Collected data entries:
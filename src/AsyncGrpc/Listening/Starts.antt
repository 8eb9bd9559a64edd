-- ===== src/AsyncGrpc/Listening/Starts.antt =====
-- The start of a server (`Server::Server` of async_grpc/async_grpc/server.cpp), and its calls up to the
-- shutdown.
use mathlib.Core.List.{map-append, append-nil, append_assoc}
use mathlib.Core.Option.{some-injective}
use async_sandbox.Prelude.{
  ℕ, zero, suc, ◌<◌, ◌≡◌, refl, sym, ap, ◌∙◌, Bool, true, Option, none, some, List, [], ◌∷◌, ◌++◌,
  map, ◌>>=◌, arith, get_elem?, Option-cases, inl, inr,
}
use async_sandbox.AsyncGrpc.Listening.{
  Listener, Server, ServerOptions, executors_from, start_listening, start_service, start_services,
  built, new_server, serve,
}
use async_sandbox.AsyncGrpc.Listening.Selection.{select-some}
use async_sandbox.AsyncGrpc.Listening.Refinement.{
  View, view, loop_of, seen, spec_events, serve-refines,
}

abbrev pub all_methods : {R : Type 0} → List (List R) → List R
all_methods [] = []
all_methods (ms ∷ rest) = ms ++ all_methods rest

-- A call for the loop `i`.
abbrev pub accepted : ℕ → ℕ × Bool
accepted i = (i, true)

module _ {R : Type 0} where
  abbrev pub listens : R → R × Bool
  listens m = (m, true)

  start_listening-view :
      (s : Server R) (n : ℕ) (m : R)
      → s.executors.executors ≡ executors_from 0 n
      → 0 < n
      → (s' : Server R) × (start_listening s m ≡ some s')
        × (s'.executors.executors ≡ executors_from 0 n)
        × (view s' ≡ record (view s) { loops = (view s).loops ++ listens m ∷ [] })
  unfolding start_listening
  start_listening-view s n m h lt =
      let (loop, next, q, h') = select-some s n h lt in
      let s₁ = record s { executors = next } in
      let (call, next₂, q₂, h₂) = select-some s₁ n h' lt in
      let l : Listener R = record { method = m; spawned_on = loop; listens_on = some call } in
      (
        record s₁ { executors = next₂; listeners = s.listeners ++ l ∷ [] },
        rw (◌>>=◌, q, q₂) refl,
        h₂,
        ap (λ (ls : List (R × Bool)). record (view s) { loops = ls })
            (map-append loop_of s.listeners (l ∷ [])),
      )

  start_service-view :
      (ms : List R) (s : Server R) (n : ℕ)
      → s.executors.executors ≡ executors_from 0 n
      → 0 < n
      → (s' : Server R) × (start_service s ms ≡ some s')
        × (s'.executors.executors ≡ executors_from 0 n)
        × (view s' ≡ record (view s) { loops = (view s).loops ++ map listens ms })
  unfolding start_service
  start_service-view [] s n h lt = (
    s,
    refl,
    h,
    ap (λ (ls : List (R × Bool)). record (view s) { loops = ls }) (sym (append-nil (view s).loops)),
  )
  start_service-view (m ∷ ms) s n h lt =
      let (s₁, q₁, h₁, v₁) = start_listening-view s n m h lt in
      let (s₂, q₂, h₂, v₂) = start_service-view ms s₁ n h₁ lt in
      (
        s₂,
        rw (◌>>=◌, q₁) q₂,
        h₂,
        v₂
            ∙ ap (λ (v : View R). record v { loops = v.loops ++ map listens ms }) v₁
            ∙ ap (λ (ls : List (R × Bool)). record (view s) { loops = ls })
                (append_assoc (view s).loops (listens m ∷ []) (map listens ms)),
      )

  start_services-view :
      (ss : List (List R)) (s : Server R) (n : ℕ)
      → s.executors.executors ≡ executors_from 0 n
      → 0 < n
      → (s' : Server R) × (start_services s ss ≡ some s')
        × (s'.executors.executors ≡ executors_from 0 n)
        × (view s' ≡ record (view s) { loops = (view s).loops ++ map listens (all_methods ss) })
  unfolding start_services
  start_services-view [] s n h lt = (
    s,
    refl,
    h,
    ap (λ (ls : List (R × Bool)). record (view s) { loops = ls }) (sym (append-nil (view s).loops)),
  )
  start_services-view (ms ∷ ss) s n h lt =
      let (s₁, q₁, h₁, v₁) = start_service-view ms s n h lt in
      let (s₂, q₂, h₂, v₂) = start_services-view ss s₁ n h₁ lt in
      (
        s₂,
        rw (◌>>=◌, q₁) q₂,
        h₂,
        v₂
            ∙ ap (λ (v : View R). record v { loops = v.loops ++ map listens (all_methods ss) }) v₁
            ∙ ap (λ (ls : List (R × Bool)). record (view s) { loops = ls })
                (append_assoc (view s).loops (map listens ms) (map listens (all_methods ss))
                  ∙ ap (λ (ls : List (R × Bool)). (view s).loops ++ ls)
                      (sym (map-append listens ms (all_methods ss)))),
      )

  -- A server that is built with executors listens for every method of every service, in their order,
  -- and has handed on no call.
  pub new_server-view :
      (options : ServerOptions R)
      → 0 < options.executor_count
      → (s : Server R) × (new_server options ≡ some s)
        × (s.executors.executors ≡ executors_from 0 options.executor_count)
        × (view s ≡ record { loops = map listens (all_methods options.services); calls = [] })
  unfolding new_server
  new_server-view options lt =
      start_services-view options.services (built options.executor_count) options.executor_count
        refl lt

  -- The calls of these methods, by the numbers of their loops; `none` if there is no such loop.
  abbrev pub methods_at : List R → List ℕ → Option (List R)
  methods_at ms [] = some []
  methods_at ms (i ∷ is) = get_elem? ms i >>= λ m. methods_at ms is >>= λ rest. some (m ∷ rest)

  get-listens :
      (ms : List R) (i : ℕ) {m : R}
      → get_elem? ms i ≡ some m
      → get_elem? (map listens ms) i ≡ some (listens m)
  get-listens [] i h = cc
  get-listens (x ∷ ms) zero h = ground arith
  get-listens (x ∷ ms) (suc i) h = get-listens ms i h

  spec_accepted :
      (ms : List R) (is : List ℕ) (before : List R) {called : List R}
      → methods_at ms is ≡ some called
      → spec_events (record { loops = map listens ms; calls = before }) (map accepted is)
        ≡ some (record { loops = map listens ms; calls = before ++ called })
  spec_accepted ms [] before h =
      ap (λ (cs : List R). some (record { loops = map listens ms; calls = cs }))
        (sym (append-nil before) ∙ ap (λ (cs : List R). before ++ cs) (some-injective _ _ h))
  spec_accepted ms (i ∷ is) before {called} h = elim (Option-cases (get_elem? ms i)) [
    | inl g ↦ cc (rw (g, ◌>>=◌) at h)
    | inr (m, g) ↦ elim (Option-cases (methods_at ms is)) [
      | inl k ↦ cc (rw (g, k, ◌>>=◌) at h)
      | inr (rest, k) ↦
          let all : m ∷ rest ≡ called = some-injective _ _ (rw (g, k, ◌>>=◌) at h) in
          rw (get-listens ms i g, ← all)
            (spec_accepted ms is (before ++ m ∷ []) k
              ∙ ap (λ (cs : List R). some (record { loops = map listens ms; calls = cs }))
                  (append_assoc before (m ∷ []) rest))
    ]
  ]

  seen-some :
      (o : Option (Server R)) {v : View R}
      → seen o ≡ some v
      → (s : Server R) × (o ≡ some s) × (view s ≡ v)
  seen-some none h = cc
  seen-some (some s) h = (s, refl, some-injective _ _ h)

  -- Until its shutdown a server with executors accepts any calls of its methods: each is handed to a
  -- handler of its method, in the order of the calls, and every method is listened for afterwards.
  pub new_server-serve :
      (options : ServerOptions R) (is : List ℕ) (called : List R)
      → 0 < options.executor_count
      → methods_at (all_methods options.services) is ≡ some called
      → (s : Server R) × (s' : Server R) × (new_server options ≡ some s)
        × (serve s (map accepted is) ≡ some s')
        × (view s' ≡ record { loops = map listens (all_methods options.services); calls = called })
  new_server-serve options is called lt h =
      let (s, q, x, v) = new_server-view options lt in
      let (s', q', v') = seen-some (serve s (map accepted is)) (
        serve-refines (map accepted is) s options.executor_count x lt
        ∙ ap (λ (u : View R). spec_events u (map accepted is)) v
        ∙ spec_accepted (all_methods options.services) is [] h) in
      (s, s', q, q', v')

_What you are asked to do_
Using the entries above, repeat only the lines from the one containing "(options : ServerOptions R) (is" through the one containing "accepted is)) v", end lines included.

_Output_
      (options : ServerOptions R) (is : List ℕ) (called : List R)
      → 0 < options.executor_count
      → methods_at (all_methods options.services) is ≡ some called
      → (s : Server R) × (s' : Server R) × (new_server options ≡ some s)
        × (serve s (map accepted is) ≡ some s')
        × (view s' ≡ record { loops = map listens (all_methods options.services); calls = called })
  new_server-serve options is called lt h =
      let (s, q, x, v) = new_server-view options lt in
      let (s', q', v') = seen-some (serve s (map accepted is)) (
        serve-refines (map accepted is) s options.executor_count x lt
        ∙ ap (λ (u : View R). spec_events u (map accepted is)) v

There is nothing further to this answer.